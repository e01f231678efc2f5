-- ===== src/Listeners/Tests.antt =====
-- The theorems on refreshes at a processor without rules.
use asserts_otel_processor.Base.{
  ℕ, ◌≡◌, refl, arith, true, false, String, List, [], ◌∷◌, some, none, inr,
}
use asserts_otel_processor.Base.Maps.{StringMap}
use asserts_otel_processor.Cache.Sample.{plain_cache, plain_cache-IsFaithful, plain_cache-IsSized}
use asserts_otel_processor.Platform.Sample.{sample_platform}
use asserts_otel_processor.Config.Sample.{sample_config}
use asserts_otel_processor.Config.{Config}
use asserts_otel_processor.MetricHelper.Prometheus.{plain_registry, plain_registry-IsConsistent}
use asserts_otel_processor.Processor.Sample.{memory, batch as resources, clock, labels, processor}
use asserts_otel_processor.Listeners.{Running, refresh}
use asserts_otel_processor.Listeners.Flags.{InForce}
use asserts_otel_processor.Listeners.Converge.{refresh-InForce}
use asserts_otel_processor.Listeners.Sound.{IsSoundRunning}
use asserts_otel_processor.Listeners.Runs.{Event, batch, tick}
use asserts_otel_processor.Listeners.Stale.{refresh-removed_kept}

abbrev RunningOf : Type 0
RunningOf = Running sample_platform labels plain_registry (plain_cache ℕ) clock

-- The accepted configuration has a span attribute.
abbrev running : RunningOf
running = record {
  processor = processor true;
  accepted = some (record sample_config {
    span_attributes =
        record { attribute_name = "asserts.request.context"; attribute_configs = [] } ∷ [];
  });
  exited = false;
}

abbrev IsSoundHere : RunningOf → Type 0
IsSoundHere =
    IsSoundRunning sample_platform labels plain_registry (plain_cache ℕ) clock
      (plain_cache-IsSized (StringMap String)) plain_registry-IsConsistent
      (plain_cache-IsFaithful ℕ) 100 3 (omega arith) (omega arith)

-- A batch, an update of the attributes to capture, and the batch again.
abbrev events : List Event
events =
    batch 0 memory resources
    ∷ tick true (some (record sample_config { capture_attributes_in_metric = "a" ∷ [] }))
    ∷ batch 0 memory resources
    ∷ []

refresh-removed_kept_example :
    (refresh sample_platform labels plain_registry
      (plain_cache ℕ)
      clock
      true
      (some sample_config)
      running).processor.span_enricher
    ≡ running.processor.span_enricher
refresh-removed_kept_example =
    refresh-removed_kept sample_platform labels plain_registry (plain_cache ℕ) clock true
      sample_config running refl refl

-- No configuration was accepted yet: that of the refresh is the processor's own.
abbrev starting : RunningOf
starting = record { processor = processor true; accepted = none; exited = false }

abbrev latest : Config
latest = record sample_config { ignore_client_errors = true }

refresh-InForce_example :
    InForce sample_platform labels plain_registry
      (plain_cache ℕ)
      clock
      (λ c. c.capture_metrics)
      false
      (refresh sample_platform labels plain_registry
        (plain_cache ℕ)
        clock
        true
        (some latest)
        starting)
    × InForce sample_platform labels plain_registry
        (plain_cache ℕ)
        clock
        (λ c. c.ignore_client_errors)
        true
        (refresh sample_platform labels plain_registry
          (plain_cache ℕ)
          clock
          true
          (some latest)
          starting)
refresh-InForce_example =
    refresh-InForce sample_platform labels plain_registry (plain_cache ℕ) clock true latest starting
      (refl, inr refl) (refl, inr refl)
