-- ===== src/MetricHelper/Buckets.antt =====
-- Buckets that do not increase are registered by onUpdate, and With panics over them later.
use asserts_otel_processor.Base.{
  ◌≡◌, refl, Bool, true, false, ◌||◌, ltb, length, String, List, [], ◌∷◌, none, some, Always,
  Bool-cases, inl, inr, arith,
}
use asserts_otel_processor.Base.Maps.{StringMap, lookup}
use asserts_otel_processor.Float.{Float64, flt, feq}
use asserts_otel_processor.Cache.{TtlCache}
use asserts_otel_processor.Platform.{Platform}
use asserts_otel_processor.Span.{Value, Span, get_attribute, as_string_or_empty}
use asserts_otel_processor.Config.{Config}
use asserts_otel_processor.Keys.{get_service_key}
use asserts_otel_processor.SpanEnrichment.{request_context_attribute}
use asserts_otel_processor.Labels.{get_attributes_as_labels, span_metric_labels}
use asserts_otel_processor.MetricHelper.Prometheus.{Registry}
use asserts_otel_processor.MetricHelper.{
  MetricHelper, record_latency, cache_or_new, may_capture, capture_metrics, register_metrics,
  updated_config, on_update,
}

-- A bucket is no greater than the one before it.
abbrev pub descends : List Float64 → Bool
descends [] = false
descends (b ∷ []) = false
descends (b ∷ c ∷ bs) = flt c b || feq c b || descends (c ∷ bs)

descends-length : (bs : List Float64) → descends bs ≡ true → ltb 0 (length bs) ≡ true
descends-length [] h = ground arith
descends-length (b ∷ bs) h = ground arith

module _ (rt : Platform) (t : TtlCache (StringMap String)) (registry : Registry)
    (refuses : (buckets : List Float64) (names : List String) (labels : StringMap String)
      → descends buckets ≡ true
      → registry.accepts buckets names labels ≡ false) where
  abbrev Helper : Type 0
  Helper = MetricHelper rt t registry

  on_update-buckets :
      (new : Config) (p : Helper)
      → ltb 0 (length new.latency_histogram_buckets) ≡ true
      → Always
          (λ (r : Helper × Bool). r.0.buckets ≡ new.latency_histogram_buckets)
          (on_update rt t registry true new p)
  unfolding on_update register_metrics updated_config
  on_update-buckets new p some_buckets =
      let names =
        span_metric_labels rt
          (get_attributes_as_labels (updated_config rt t registry p.config new)) in
      elim (Bool-cases (registry.registers names)) [
        | inl e ↦ rw (e, some_buckets) refl
        | inr e ↦ rw e tt
      ]

  -- Whether there is room for the request context of a span, or it is known.
  abbrev pub has_room_for : Span → String → String → Helper → Bool
  has_room_for span namespace service q =
      let context = as_string_or_empty (get_attribute request_context_attribute span) in
      let old =
        cache_or_new rt t registry q.config (lookup (get_service_key namespace service) q.caches) in
      let (known, c) = t.get context old in may_capture rt t registry q.config c known

  -- For a registry whose histograms refuse all labels if a bucket is no greater than the one before it:
  -- once onUpdate has registered the metrics for a configuration with such buckets, captureMetrics
  -- panics on every span whose request context is known or finds room.
  pub capture_metrics-descending :
      (new : Config) (p q : Helper) (span : Span) (namespace service : String)
      (resource : StringMap Value)
      → descends new.latency_histogram_buckets ≡ true
      → on_update rt t registry true new p ≡ some (q, true)
      → has_room_for span namespace service q ≡ true
      → capture_metrics rt t registry span namespace service resource q ≡ none
  unfolding capture_metrics record_latency
  capture_metrics-descending new p q span namespace service resource unsorted updated room =
      let set = on_update-buckets new p (descends-length new.latency_histogram_buckets unsorted) in
      let same : q.buckets ≡ new.latency_histogram_buckets = rw updated at set in
      let unsorted_here : descends q.buckets ≡ true = rw same unsorted in
      rw room (rw (refuses q.buckets q.names _ unsorted_here) refl)
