-- ===== src/Balancer/Weighted/Rounds.antt =====
-- Rounds of weighted round robin (crates/runtime/src/upstream_balancer.rs): as many turns as the
-- weights add up to.
use native.Mathlib.Nat.{mul-suc, lt_of_mul-lt-mul_left}
use way_balancer.Base.{
  ℕ, zero, suc, ◌+◌, ◌*◌, ◌<◌, ◌≡◌, refl, ap, ◌∙◌, Bool, [], ◌∷◌, length, none, some, unwrap_or,
  arith, Each, sum_of-tight, sum_of-zero,
}
use way_balancer.Base.Order.{same_refl, list_ord, nat_ord, pair_ord}
use way_balancer.Base.Map.{lookup, lookup-insert}
use way_balancer.Upstream.{UpstreamClusterName, UpstreamEndpointId}
use way_balancer.Health.Queries.{EndpointSelectionCandidate}
use way_balancer.Balancer.{ClusterCursorKey, flag_ord}
use way_balancer.Balancer.Weighted.{
  Credits, WeightedState, WeightedStates, credit_of, weight_of, total_of, turn,
  select_weighted_round_robin,
}
use way_balancer.Balancer.Weighted.Turns.{Candidates, IsDistinct}
use way_balancer.Balancer.Weighted.Charges.{turn-Serves}
use way_balancer.Balancer.Weighted.Fairness.{hit, IsFair, total_of-sum_of, weight_in}
use way_balancer.Balancer.Weighted.Balance.{turn-IsFair}

-- How often `k` selections from the same candidates pick an endpoint.
pub served : UpstreamEndpointId → ℕ → WeightedStates → UpstreamClusterName → Candidates → Bool → ℕ
served id zero states name ds fallback_used = 0
served id (suc k) states name ds fallback_used =
    let (states', pick) = select_weighted_round_robin states name ds fallback_used in
    hit pick id + served id k states' name ds fallback_used

abbrev no_state : WeightedState
no_state = record { total_weight = 0; current_weights = [] }

abbrev credits_in : ClusterCursorKey → WeightedStates → Credits
credits_in key states = (unwrap_or (lookup key states) no_state).current_weights

-- The picks of a whole round are the weights.
fair_end :
    (ds : Candidates) (n : UpstreamEndpointId → ℕ) (m : Credits)
    → IsFair ds (total_of ds) n m
    → Each ds (λ d. n d.endpoint_id ≡ weight_of d)
fair_end ds n m v =
    sum_of-tight (λ (d : EndpointSelectionCandidate). n d.endpoint_id) weight_of ds
      (λ i d h.
        let short : total_of ds * n d.endpoint_id < total_of ds * (weight_of d + 1) =
          omega (arith, v.balanced i d h, v.above i d h, mul-suc (total_of ds) (weight_of d)) in
        omega (arith, lt_of_mul-lt-mul_left (total_of ds) short))
      (omega (arith, v.counted, total_of-sum_of ds))

module _ (name : UpstreamClusterName) (ds : Candidates) (f : Bool) (u : IsDistinct ds)
    (small : total_of ds < 2147483648) where
  selected :
      (states : WeightedStates)
      → (credits_in (name, f) (select_weighted_round_robin states name ds f).0
          ≡ (turn ds (credits_in (name, f) states)).0)
        × ((select_weighted_round_robin states name ds f).1
            ≡ (turn ds (credits_in (name, f) states)).1)
  unfolding select_weighted_round_robin
  selected states =
      let m = turn ds (credits_in (name, f) states) in
      let next : WeightedState = record { total_weight = total_of ds; current_weights = m.0 } in
      let stored : lookup (name, f) (select_weighted_round_robin states name ds f).0 ≡ some next =
        lookup-insert (name, f) (name, f) next states
        ∙ rw (same_refl {A = ClusterCursorKey} (name, f)) refl in
      (ap (λ o. (unwrap_or o no_state).current_weights) stored, refl)

  filled : (t : ℕ) → t < total_of ds → 0 < length ds
  unfolding total_of
  filled t e = filled_list ds t e
    where
      filled_list : (xs : Candidates) (k : ℕ) → k < total_of xs → 0 < length xs
      filled_list [] k h = omega arith
      filled_list (x ∷ xs) k h = omega arith

  rest_of_round :
      (k t : ℕ) (n : UpstreamEndpointId → ℕ) (states : WeightedStates)
      → t + k ≡ total_of ds
      → IsFair ds t n (credits_in (name, f) states)
      → Each ds (λ d. n d.endpoint_id + served d.endpoint_id k states name ds f ≡ weight_of d)
  unfolding served
  rest_of_round zero t n states e v i d h =
      let done : t ≡ total_of ds = omega arith in
      omega (arith, fair_end ds n (credits_in (name, f) states) (rw (← done) v) i d h)
  rest_of_round (suc k) t n states e v i d h =
      let m = credits_in (name, f) states in
      let (c, o) = turn-Serves ds m u (filled t (omega arith)) in
      let s' = select_weighted_round_robin states name ds f in
      let (after, pick) = selected states in
      let next = turn-IsFair ds t n m u small (omega arith) v c o in
      let rest =
        rest_of_round k (t + 1) (λ id. n id + hit (some c) id) s'.0 (omega arith) (rw after next) i
          d h in
      omega (arith, rest, ap (λ p. hit p d.endpoint_id) (pick ∙ o.picked))

  fresh-IsFair :
      (states : WeightedStates)
      → lookup (name, f) states ≡ none
      → IsFair ds 0 (λ id. 0) (credits_in (name, f) states)
  unfolding lookup
  fresh-IsFair states e =
      let empty : credits_in (name, f) states ≡ [] =
        ap (λ o. (unwrap_or o no_state).current_weights) e in
      let no_credit : (id : UpstreamEndpointId)
          → credit_of id (credits_in (name, f) states) ≡ 9223372036854775808 =
        λ id. ap (λ m. credit_of id m) empty in
      record {
        balanced = λ i d h. omega (arith, no_credit d.endpoint_id);
        above = λ i d h. omega (arith, no_credit d.endpoint_id, weight_in ds i d h);
        counted = sum_of-zero ds;
      }

-- In a round, as many selections as the weights of the candidates add up to, weighted round robin
-- picks each candidate exactly as often as its weight says, if the candidates are different
-- endpoints, do not change, and weigh less than 2^31 together, and the cluster has no state yet.
pub served_by_weight :
    (states : WeightedStates) (name : UpstreamClusterName) (ds : Candidates) (f : Bool)
    → IsDistinct ds
    → total_of ds < 2147483648
    → lookup (name, f) states ≡ none
    → Each ds (λ d. served d.endpoint_id (total_of ds) states name ds f ≡ weight_of d)
served_by_weight states name ds f u small e i d h = omega (
  arith,
  rest_of_round name ds f u small (total_of ds) 0 (λ id. 0) states (omega arith)
      (fresh-IsFair name ds f u small states e) i d h,
)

• Task goal: In the data above, copy every line where the string "EndpointSelectionCandidate" appears.

• Answer:
use way_balancer.Health.Queries.{EndpointSelectionCandidate}
    sum_of-tight (λ (d : EndpointSelectionCandidate). n d.endpoint_id) weight_of ds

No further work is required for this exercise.